In practice we ignored most of UPEDU, because of a lack of experience with such approaches within the team (and a lack of time to make up for it), making it inefficient to use, but also because some features proved hard to implement, we specifically had trouble with:

• Using iterative development. In software development it is possible to make small changes quickly, allowing iterations as short as one or two weeks (much longer iterations would not have suited the time scale of iGEM). However, in synthetic biology it is more efficient to work on many things at once over a longer time frame (simply because each small change necessarily takes a certain amount of time). In practice this meant that a more waterfall-esque development process was used, where the construction phase consisted mostly of preparing everything for testing and analysis, leaving all testing, analysis and combination of results for the transition phase.
• Making a clear separation between requirements(, architecture), design, implementation and tests. With software it is possible to create pretty much anything you can define, so one starts by defining what the system should do (at least in part), then figures out how this could be implemented in an abstract way and only then actually implements it (tests can usually be developed in parallel). In part this approach can and should(!) be adopted in synthetic biology, but some things do make it hard to do this rigorously. For example, there is hardly any standard way to abstractly talk about system components yet. Hopefully parts and "devices" might help with this in the near future.

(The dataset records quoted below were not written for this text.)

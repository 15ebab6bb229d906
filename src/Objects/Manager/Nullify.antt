-- ===== src/Objects/Manager/Nullify.antt =====
-- The body of `~GameObjectManager`: what it does to the handles of the entries and to the objects.
use packaged_task.Base.{
  ℕ, suc, ◌+◌, ◌-◌, ◌<◌, ◌≡◌, ◌≢◌, refl, ap, sym, ◌∙◌, inl, inr, List, [], ◌∷◌, find, assign,
  find-assign, find-assign_self, Option, Option-cases, none, some, subst, Bool, Bool-cases, true,
  false, ◌==◌, ==_ne, ◌||◌, if◌then◌else◌, arith,
}
use packaged_task.Objects.State.{
  Object, Body, World, ObjHandle, ObjEntry, Outcome, ok, raised, assertion_failed, fault, running,
  Action, ◌>>=◌, ◌>>◌,
}
use packaged_task.Objects.Handles.{delete_obj, delete_pointee, release, lock, nullify}
use packaged_task.Objects.Manager.{nullify_if_alive, nullify_entries}
use packaged_task.Objects.Steps.{after_ok, release_lem}

-- Every handle has an address and an owner, and leads nowhere or to an object.
abbrev pub IsAlive : World → Type 0
IsAlive w =
    (h : ℕ) (r : ObjHandle)
    → find h w.handles ≡ some r
    → (0 < h) × (0 < r.owners) × (r.ptr ≢ 0 → (o : Object) × (find r.ptr w.objects ≡ some o))

-- Whether a handle is that of an entry.
unfoldable pub is_handle : List (ℕ × ObjEntry) → ℕ → Bool
is_handle [] h = false
is_handle ((id, e) ∷ es) h = e.handle == h || is_handle es h

-- A handle that leads nowhere now, if it is that of an entry.
abbrev pub cut_off : Bool → Option ObjHandle → Option ObjHandle
cut_off b none = none
cut_off b (some r) = if b then some (record r { ptr = 0 }) else some r

abbrev pub body_of : Option Object → Option Body
body_of none = none
body_of (some o) = some o.body

-- The same objects, but for the marks of deletion and the identifiers.
abbrev pub SameBodies : (before after : List (ℕ × Object)) → Type 0
SameBodies before after = (a : ℕ) → body_of (find a after) ≡ body_of (find a before)

pub still_there :
    (before after : List (ℕ × Object)) (a : ℕ) (o : Object)
    → SameBodies before after
    → find a before ≡ some o
    → (p : Object) × (find a after ≡ some p) × (p.body ≡ o.body)
still_there before after a o same there = elim (Option-cases (find a after)) [
  | inl gone ↦ absurd (ground (arith, same a, there, gone))
  | inr (p, found) ↦ (p, found, ground (arith, same a, there, found))
]

-- The objects after at most one was marked as deleted.
pub record Marked (ptr : ℕ) (before after : List (ℕ × Object)) : Type 0 where
  pub bodies : SameBodies before after
  pub others : (a : ℕ) → a ≢ ptr → find a after ≡ find a before

pub delete_pointee_marks :
    (ptr : ℕ) (w : World)
    → (ptr ≢ 0 → (o : Object) × (find ptr w.objects ≡ some o))
    → (objects : List (ℕ × Object)) × (delete_pointee ptr w
        ≡ ok tt (record w { objects = objects }))
      × Marked ptr w.objects objects
unfolding delete_pointee delete_obj
delete_pointee_marks ptr w leads = elim (Bool-cases (ptr == 0)) [
  | inl null ↦ (w.objects, rw null refl, record { bodies = λ a. refl; others = λ a n. refl })
  | inr set ↦
      let (o, there) = leads (λ e. ground arith) in
      let after = assign ptr (record o { is_del_it = true }) w.objects in
      (
        after,
        rw (set, delete_obj, there, ◌>>=◌) refl,
        record {
          bodies = λ a.
              ground (arith, find-assign ptr a (record o { is_del_it = true }) w.objects, there);
          others = λ a n.
              find-assign ptr a (record o { is_del_it = true }) w.objects
              ∙ rw (==_ne ptr a (λ q. n (sym q))) refl;
        },
      )
]

-- `nullify` of a locked handle, and the end of the lock.
nullify_owned :
    (p : ℕ) (r : ObjHandle) (w : World)
    → find (suc p) w.handles ≡ some r
    → 1 < r.owners
    → (r.ptr ≢ 0 → (o : Object) × (find r.ptr w.objects ≡ some o))
    → (objects : List (ℕ × Object)) × (handles : List (ℕ × ObjHandle)) × (nullify_if_alive (suc p) w
        ≡ ok tt (record w { objects = objects; handles = handles }))
      × SameBodies w.objects objects
      × ((h : ℕ)
          → find h handles ≡ (
              if suc p == h
              then some (record r { ptr = 0; owners = r.owners - 1 })
              else find h w.handles))
unfolding nullify_if_alive nullify
nullify_owned p r w there shared leads =
    let (objects, deleted, marked) = delete_pointee_marks r.ptr w leads in
    let cut : ObjHandle = record r { ptr = 0 } in
    let w₁ : World = record w { objects = objects } in
    let w₂ : World = record w₁ { handles = assign (suc p) cut w.handles } in
    (
      objects,
      assign (suc p) (record cut { owners = cut.owners - 1 }) w₂.handles,
      rw (==_ne (suc p) 0 (λ e. omega (arith, e))) (
          after_ok (nullify (suc p)) (λ _. release (suc p)) w (rw (there, ◌>>=◌, deleted) refl)
          ∙ release_lem p cut w₂ (find-assign_self (suc p) cut w.handles) (ground arith)),
      marked.bodies,
      λ h. ground (
        arith,
        find-assign (suc p) h (record cut { owners = cut.owners - 1 }) w₂.handles,
        find-assign (suc p) h cut w.handles,
      ),
    )

-- One round of the loop: the handle of an entry, if it is still owned.
nullify_round :
    (k : ℕ) (w : World)
    → IsAlive w
    → (objects : List (ℕ × Object)) × (handles : List (ℕ × ObjHandle)) × ((do
      sp ← lock k
      nullify_if_alive sp)
          w
        ≡ ok tt (record w { objects = objects; handles = handles }))
      × SameBodies w.objects objects
      × ((h : ℕ) → find h handles ≡ cut_off (k == h) (find h w.handles))
unfolding lock
nullify_round k w alive = elim (Option-cases (find k w.handles)) [
  | inl gone ↦ (
    w.objects,
    w.handles,
    rw (gone, ◌>>=◌) (unfold nullify_if_alive in refl),
    λ a. refl,
    λ h. elim (Bool-cases (k == h)) [ inl same ↦ ground (arith, gone) | inr other ↦ ground arith ],
  )
  | inr (r, there) ↦
      let kept = alive k r there in
      let k' = k - 1 in
      let at : k ≡ suc k' = omega (arith, kept.0) in
      let twice : ObjHandle = record r { owners = r.owners + 1 } in
      let w₁ : World = record w { handles = assign k twice w.handles } in
      let (objects, handles, ends, bodies, cut) =
        nullify_owned k' twice w₁
          (subst (λ (n : ℕ). find n w₁.handles ≡ some twice) at
            (find-assign_self k twice w.handles))
          (omega (arith, kept.1)) kept.2 in
      (
        objects,
        handles,
        rw (there, ◌>>=◌)
            (subst
              (λ (n : ℕ).
                nullify_if_alive n w₁ ≡ ok tt (record w { objects = objects; handles = handles }))
              (sym at) ends),
        bodies,
        λ h. ground (arith, cut h, there, find-assign k h twice w.handles),
      )
]

-- Two steps that have succeeded, and what follows.
bound_lem :
    (o : Outcome ℕ) (f : ℕ → Action (Unit {0})) (g : Action (Unit {0})) (w w' : World)
    → ((λ (z : World). o) >>= f) w ≡ ok tt w'
    → ((λ (z : World). o) >>= (λ a. f a >> g)) w ≡ g w'
bound_lem (ok a w₁) f g w w' e = rw (e, ◌>>=◌) refl
bound_lem (raised x w₁) f g w w' e = cc
bound_lem assertion_failed f g w w' e = cc
bound_lem fault f g w w' e = cc
bound_lem running f g w w' e = cc

then_lem :
    (m : Action ℕ) (f : ℕ → Action (Unit {0})) (g : Action (Unit {0})) (w : World) {w' : World}
    → (m >>= f) w ≡ ok tt w'
    → (m >>= (λ a. f a >> g)) w ≡ g w'
then_lem m f g w {w'} e = bound_lem (m w) f g w w' e

-- What a round or the loop does to handles keeps them alive.
cut_off-IsAlive :
    (cut : ℕ → Bool) (w : World) (objects : List (ℕ × Object)) (handles : List (ℕ × ObjHandle))
    → IsAlive w
    → SameBodies w.objects objects
    → ((h : ℕ) → find h handles ≡ cut_off (cut h) (find h w.handles))
    → IsAlive (record w { objects = objects; handles = handles })
cut_off-IsAlive cut w objects handles alive bodies all h r e =
    elim (Option-cases (find h w.handles)) [
      | inl gone ↦ absurd (ground (arith, all h, gone))
      | inr (q, there) ↦
          let kept = alive h q there in
          (
            kept.0,
            ground (arith, all h, there, kept.1),
            λ set.
                let same : q.ptr ≡ r.ptr = ground (arith, all h, there) in
                let (o, at) = kept.2 (λ e. ground (arith, e)) in
                let (p, found, body) = still_there w.objects objects q.ptr o bodies at in
                (p, subst (λ (n : ℕ). find n objects ≡ some p) same found),
          )
    ]

cut_off-cut_off : (a b : Bool) (o : Option ObjHandle) → cut_off b (cut_off a o) ≡ cut_off (a || b) o
cut_off-cut_off a b none = refl
cut_off-cut_off a b (some r) = ground arith

-- The loop succeeds, and afterwards the handles of the entries lead nowhere.
pub nullify_entries_lem :
    (es : List (ℕ × ObjEntry)) (w : World)
    → IsAlive w
    → (objects : List (ℕ × Object)) × (handles : List (ℕ × ObjHandle)) × (nullify_entries es w
        ≡ ok tt (record w { objects = objects; handles = handles }))
      × SameBodies w.objects objects
      × ((h : ℕ) → find h handles ≡ cut_off (is_handle es h) (find h w.handles))
unfolding nullify_entries is_handle
nullify_entries_lem [] w alive = (
  w.objects,
  w.handles,
  refl,
  λ a. refl,
  λ h. elim (find h w.handles) as (λ o. o ≡ cut_off false o) [ none ↦ refl | some r ↦ refl ],
)
nullify_entries_lem ((id, e) ∷ es) w alive =
    let (objects₁, handles₁, round, bodies₁, cut₁) = nullify_round e.handle w alive in
    let w₁ : World = record w { objects = objects₁; handles = handles₁ } in
    let (objects, handles, rest, bodies, cut) =
      nullify_entries_lem es w₁
        (cut_off-IsAlive (λ h. e.handle == h) w objects₁ handles₁ alive bodies₁ cut₁) in
    (
      objects,
      handles,
      then_lem (lock e.handle) nullify_if_alive (nullify_entries es) w round ∙ rest,
      λ a. bodies a ∙ bodies₁ a,
      λ h. cut h ∙ ap (cut_off (is_handle es h)) (cut₁ h) ∙ cut_off-cut_off _ _ (find h w.handles),
    )
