-- ===== src/Objects/Manager/Owned.antt =====
-- The objects of entries, and the handles that they own.
use packaged_task.Base.{
  ℕ, ◌≡◌, ◌≢◌, refl, ap, sym, ◌∙◌, List, [], ◌∷◌, ◌++◌, find, erase, find-erase, All, Option, none,
  some, ==_ne,
}
use packaged_task.Objects.State.{Object, Body, ObjEntry}
use packaged_task.Objects.Manager.{owned_handles}
use packaged_task.Objects.Manager.Nullify.{body_of, SameBodies}

-- The handles that an object owns, and those that the objects of entries own.
abbrev pub handles_of : Option Body → List (ℕ × ℕ)
handles_of none = []
handles_of (some b) = owned_handles b

abbrev pub owned_by : List (ℕ × Object) → List (ℕ × ObjEntry) → List (ℕ × ℕ)
owned_by objects [] = []
owned_by objects ((id, e) ∷ es) =
    handles_of (body_of (find e.unique objects)) ++ owned_by objects es

-- Each entry has an object, which no later entry has, and neither its identifier.
abbrev pub OwnsEach : List (ℕ × Object) → List (ℕ × ObjEntry) → Type 0
OwnsEach objects [] = Unit {0}
OwnsEach objects ((id, e) ∷ es) =
    ((b : Body) × (body_of (find e.unique objects) ≡ some b))
    × All (λ r. (r.1.unique ≢ e.unique) × (r.0 ≢ id)) es
    × OwnsEach objects es

-- Both look at the bodies of the objects of the entries only.
pub owned_by_same :
    (before after : List (ℕ × Object)) (es : List (ℕ × ObjEntry))
    → All (λ r. body_of (find r.1.unique after) ≡ body_of (find r.1.unique before)) es
    → owned_by after es ≡ owned_by before es
owned_by_same before after [] same = refl
owned_by_same before after ((id, e) ∷ es) (here, same) =
    rw (here, owned_by_same before after es same) refl

pub OwnsEach-same :
    (before after : List (ℕ × Object)) (es : List (ℕ × ObjEntry))
    → All (λ r. body_of (find r.1.unique after) ≡ body_of (find r.1.unique before)) es
    → OwnsEach before es
    → OwnsEach after es
OwnsEach-same before after [] same owns = tt
OwnsEach-same before after ((id, e) ∷ es) (here, same) owns =
    ((owns.0.0, here ∙ owns.0.1), owns.1, OwnsEach-same before after es same owns.2)

pub all_same :
    (before after : List (ℕ × Object)) (es : List (ℕ × ObjEntry))
    → SameBodies before after
    → All (λ r. body_of (find r.1.unique after) ≡ body_of (find r.1.unique before)) es
all_same before after [] same = tt
all_same before after ((id, e) ∷ es) same = (same e.unique, all_same before after es same)

-- The objects of other entries outlive an object.
pub others_same :
    (a id : ℕ) (objects : List (ℕ × Object)) (es : List (ℕ × ObjEntry))
    → All (λ r. (r.1.unique ≢ a) × (r.0 ≢ id)) es
    → All (λ r. body_of (find r.1.unique (erase a objects)) ≡ body_of (find r.1.unique objects)) es
others_same a id objects [] others = tt
others_same a id objects ((j, e) ∷ es) (here, others) = (
  ap body_of (find-erase a e.unique objects ∙ rw (==_ne a e.unique (λ q. here.0 (sym q))) refl),
  others_same a id objects es others,
)
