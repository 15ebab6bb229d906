-- ===== src/Objects/Manager/Destroy.antt =====
-- What `~GameObjectManager` leaves behind.
use packaged_task.Base.{
  ℕ, suc, ◌+◌, ◌≤◌, ◌≡◌, ◌≢◌, refl, ap, sym, ◌∙◌, List, [], ◌∷◌, find, erase, find-erase, Option,
  Option-cases, inl, inr, none, some, Bool, Bool-cases, true, false, ◌==◌, if◌then◌else◌, arith,
}
use packaged_task.Objects.State.{Body, World, ObjHandle, ObjEntry, ok, load_object, or_fault}
use packaged_task.Objects.Handles.{release_all}
use packaged_task.Objects.Manager.{
  owned_handles, destroy_object, erase_entry, nullify_entries, destroy_entries, destroy_manager,
}
use packaged_task.Objects.Manager.Counts.{
  fewer, fewer-fewer, owners_of, owners_of-fewer, count, count-append, IsCleared, Released,
  Released-IsCleared, release_all_cleared,
}
use packaged_task.Objects.Manager.Nullify.{
  IsAlive, is_handle, cut_off, body_of, nullify_entries_lem,
}
use packaged_task.Objects.Steps.{after_ok}
use packaged_task.Objects.Manager.Owned.{
  handles_of, owned_by, OwnsEach, owned_by_same, OwnsEach-same, all_same, others_same,
}

-- The round at an entry.
erase_entry_lem :
    (id : ℕ) (e : ObjEntry) (b : Body) (w : World)
    → body_of (find e.unique w.objects) ≡ some b
    → IsCleared w
    → ((h : ℕ) → count (suc h) (owned_handles b) ≤ owners_of (find (suc h) w.handles))
    → (handles : List (ℕ × ObjHandle)) × (erase_entry id e w
        ≡ ok tt (record w {
          objects = erase e.unique w.objects;
          handles = handles;
          entries = erase id w.entries;
        }))
      × Released (λ h. count h (owned_handles b)) w handles
unfolding erase_entry destroy_object
erase_entry_lem id e b w there clear enough = elim (Option-cases (find e.unique w.objects)) [
  | inl gone ↦ absurd (ground (arith, there, gone))
  | inr (o, found) ↦
      let body : o.body ≡ b = ground (arith, there, found) in
      let (handles, ends, all) = release_all_cleared (owned_handles b) w clear enough in
      (
        handles,
        after_ok (destroy_object e.unique)
            (λ _ w. ok tt (record w { entries = erase id w.entries })) w
            (after_ok (load_object e.unique) _ w (ap (λ o. or_fault o w) found)
              ∙ after_ok (release_all (owned_handles o.body)) _ w
                  (ap (λ x. release_all (owned_handles x) w) body ∙ ends)),
        all,
      )
]

-- Whether an identifier or an object is that of an entry.
unfoldable pub has_id : List (ℕ × ObjEntry) → ℕ → Bool
has_id [] k = false
has_id ((id, e) ∷ es) k = if id == k then true else has_id es k

unfoldable pub has_object : List (ℕ × ObjEntry) → ℕ → Bool
has_object [] a = false
has_object ((id, e) ∷ es) a = if e.unique == a then true else has_object es a

find-has_id : (es : List (ℕ × ObjEntry)) (k : ℕ) → (if has_id es k then none else find k es) ≡ none
unfolding has_id find
find-has_id [] k = refl
find-has_id ((id, e) ∷ es) k = ground (arith, find-has_id es k)

-- The destruction of `mObjects`.
destroy_entries_lem :
    (es : List (ℕ × ObjEntry)) (w : World)
    → OwnsEach w.objects es
    → IsCleared w
    → ((h : ℕ) → count (suc h) (owned_by w.objects es) ≤ owners_of (find (suc h) w.handles))
    → (w' : World) × (destroy_entries es w ≡ ok tt w')
      × ((k : ℕ) → find k w'.entries ≡ (if has_id es k then none else find k w.entries))
      × ((a : ℕ) → find a w'.objects ≡ (if has_object es a then none else find a w.objects))
      × Released (λ h. count h (owned_by w.objects es)) w w'.handles
unfolding destroy_entries has_id has_object count
destroy_entries_lem [] w owns clear enough = (
  w,
  refl,
  λ k. refl,
  λ a. refl,
  λ h. elim (find (suc h) w.handles) as (λ o. o ≡ fewer o 0) [ none ↦ refl | some r ↦ refl ],
)
destroy_entries_lem ((id, e) ∷ es) w owns clear enough =
    let (b, there) = owns.0 in
    let mine : List (ℕ × ℕ) = handles_of (body_of (find e.unique w.objects)) in
    let its : mine ≡ owned_handles b = ap handles_of there in
    let others = owned_by w.objects es in
    let split = λ (h : ℕ).
      count-append (suc h) mine others ∙ ap (λ l. count (suc h) l + count (suc h) others) its in
    let (handles, round, lost) =
      erase_entry_lem id e b w there clear (λ h. omega (arith, enough h, split h)) in
    let w₁ : World = record w {
      objects = erase e.unique w.objects;
      handles = handles;
      entries = erase id w.entries;
    } in
    let same = others_same e.unique id w.objects es owns.1 in
    let left : owned_by w₁.objects es ≡ others = owned_by_same w.objects w₁.objects es same in
    let (w', rest, ids, objects, gone) =
      destroy_entries_lem es w₁ (OwnsEach-same w.objects w₁.objects es same owns.2)
        (Released-IsCleared (λ h. count h (owned_handles b)) w handles clear lost)
        (λ h.
          rw
            (
              left,
              lost h,
              owners_of-fewer (find (suc h) w.handles) (count (suc h) (owned_handles b)),
            )
            (omega (arith, enough h, split h))) in
    (
      w',
      after_ok (erase_entry id e) _ w round ∙ rest,
      λ k. ground (arith, ids k, find-erase id k w.entries),
      λ a. ground (arith, objects a, find-erase e.unique a w.objects),
      λ h.
          gone h
          ∙ ap (λ l. fewer (find (suc h) handles) (count (suc h) l)) left
          ∙ ap (λ o. fewer o (count (suc h) others)) (lost h)
          ∙ fewer-fewer (find (suc h) w.handles) _ _
          ∙ ap (fewer (find (suc h) w.handles)) (sym (split h)),
    )

-- Each handle has an address and an owner, and leads nowhere or to an object, and then it is an
-- entry's.
pub record IsSound (w : World) : Type 0 where
  pub alive : IsAlive w
  pub led :
      (h : ℕ) (r : ObjHandle) → find h w.handles ≡ some r → r.ptr ≢ 0 → is_handle w.entries h ≡ true
  pub own : OwnsEach w.objects w.entries
  pub counted :
      (h : ℕ) → count (suc h) (owned_by w.objects w.entries) ≤ owners_of (find (suc h) w.handles)

-- What the first loop has cut off leads nowhere, and has its owners.
cut_all :
    (b : Bool) (o : Option ObjHandle)
    → ((r : ObjHandle) → o ≡ some r → r.ptr ≢ 0 → b ≡ true)
    → cut_off b o ≡ cut_off true o
cut_all b none led = refl
cut_all true (some r) led = refl
cut_all false (some r) led = elim (Bool-cases (r.ptr == 0)) [
  | inl null ↦ ground arith
  | inr set ↦ absurd (ground (arith, led r refl (λ e. ground arith)))
]

cut-IsCleared : (o : Option ObjHandle) (r : ObjHandle) → cut_off true o ≡ some r → r.ptr ≡ 0
cut-IsCleared none r e = cc
cut-IsCleared (some q) r e = ground arith

owners_of-cut_off : (o : Option ObjHandle) → owners_of (cut_off true o) ≡ owners_of o
owners_of-cut_off none = refl
owners_of-cut_off (some r) = refl

-- The destructor succeeds and leaves no entry and none of the entries' objects, but every other
-- object. A handle has lost as many owners as the entries' game objects held, and is gone if there
-- were no others; one that is left leads nowhere, so that none dangles. Each handle has at least the
-- owners that the game objects are, and leads nowhere or to an object, in which case it is the
-- handle of an entry; each entry has an object of its own.
pub destroy_manager_lem :
    (w : World)
    → IsSound w
    → (w' : World) × (destroy_manager w ≡ ok tt w')
      × ((k : ℕ) → find k w'.entries ≡ none)
      × ((a : ℕ)
          → body_of (find a w'.objects)
            ≡ (if has_object w.entries a then none else body_of (find a w.objects)))
      × ((h : ℕ)
          → find (suc h) w'.handles
            ≡ fewer
                (cut_off true (find (suc h) w.handles))
                (count (suc h) (owned_by w.objects w.entries)))
unfolding destroy_manager
destroy_manager_lem w s =
    let (objects, handles, first, bodies, cut) = nullify_entries_lem w.entries w s.alive in
    let w₁ : World = record w { objects = objects; handles = handles } in
    let same = all_same w.objects objects w.entries bodies in
    let kept : owned_by objects w.entries ≡ owned_by w.objects w.entries =
      owned_by_same w.objects objects w.entries same in
    let all = λ (h : ℕ). cut h ∙ cut_all (is_handle w.entries h) (find h w.handles) (s.led h) in
    let (w', second, ids, gone, lost) =
      destroy_entries_lem w.entries w₁ (OwnsEach-same w.objects objects w.entries same s.own)
        (λ h r e. cut-IsCleared (find (suc h) w.handles) r (sym (all (suc h)) ∙ e))
        (λ h. rw (kept, all (suc h), owners_of-cut_off (find (suc h) w.handles)) (s.counted h)) in
    (
      w',
      after_ok (nullify_entries w.entries) _ w first ∙ second,
      λ k. ids k ∙ find-has_id w.entries k,
      λ a. ground (arith, gone a, bodies a),
      λ h.
          lost h
          ∙ ap (λ l. fewer (find (suc h) handles) (count (suc h) l)) kept
          ∙ ap (λ o. fewer o (count (suc h) (owned_by w.objects w.entries))) (all (suc h)),
    )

What did work for us to varying degrees:

• Identifying risks early on in the project. Without UPEDU we probably would not have done this and this could have led to severe problems. Luckily not that many of the risks actually materialized, but we did implement some of the mitigation strategies, leading to less nasty surprises. For example, we made an overview of everyone's availability early on in the project and tried to prevent having only one person work on a single part as much as possible.
• Using a standardized design process. Not specifically UPEDU, but it fits well within the framework and it helped us to structure our project selection process.
• Recognizing different phases in our development. This especially helped in the beginning by giving at least some structure to our planning and providing a vocabulary to talk about such things.
• Using iterations. Although we had definite problems in our use of iterations they did give some structure to the construction phase for example.
• Describing our Tools and Documentation. Although not always used consistently it did help us keep an overview what was stored where.
• Having specific Roles. Not all roles were used (consistently), but it did provide us with at least some structure to deal with eleven team members (it is not easy to do this "free-style").

Annexes

During the inception phase ideas were generated and selected using a design template. For selection of the ideas a list of demands and wishes was made.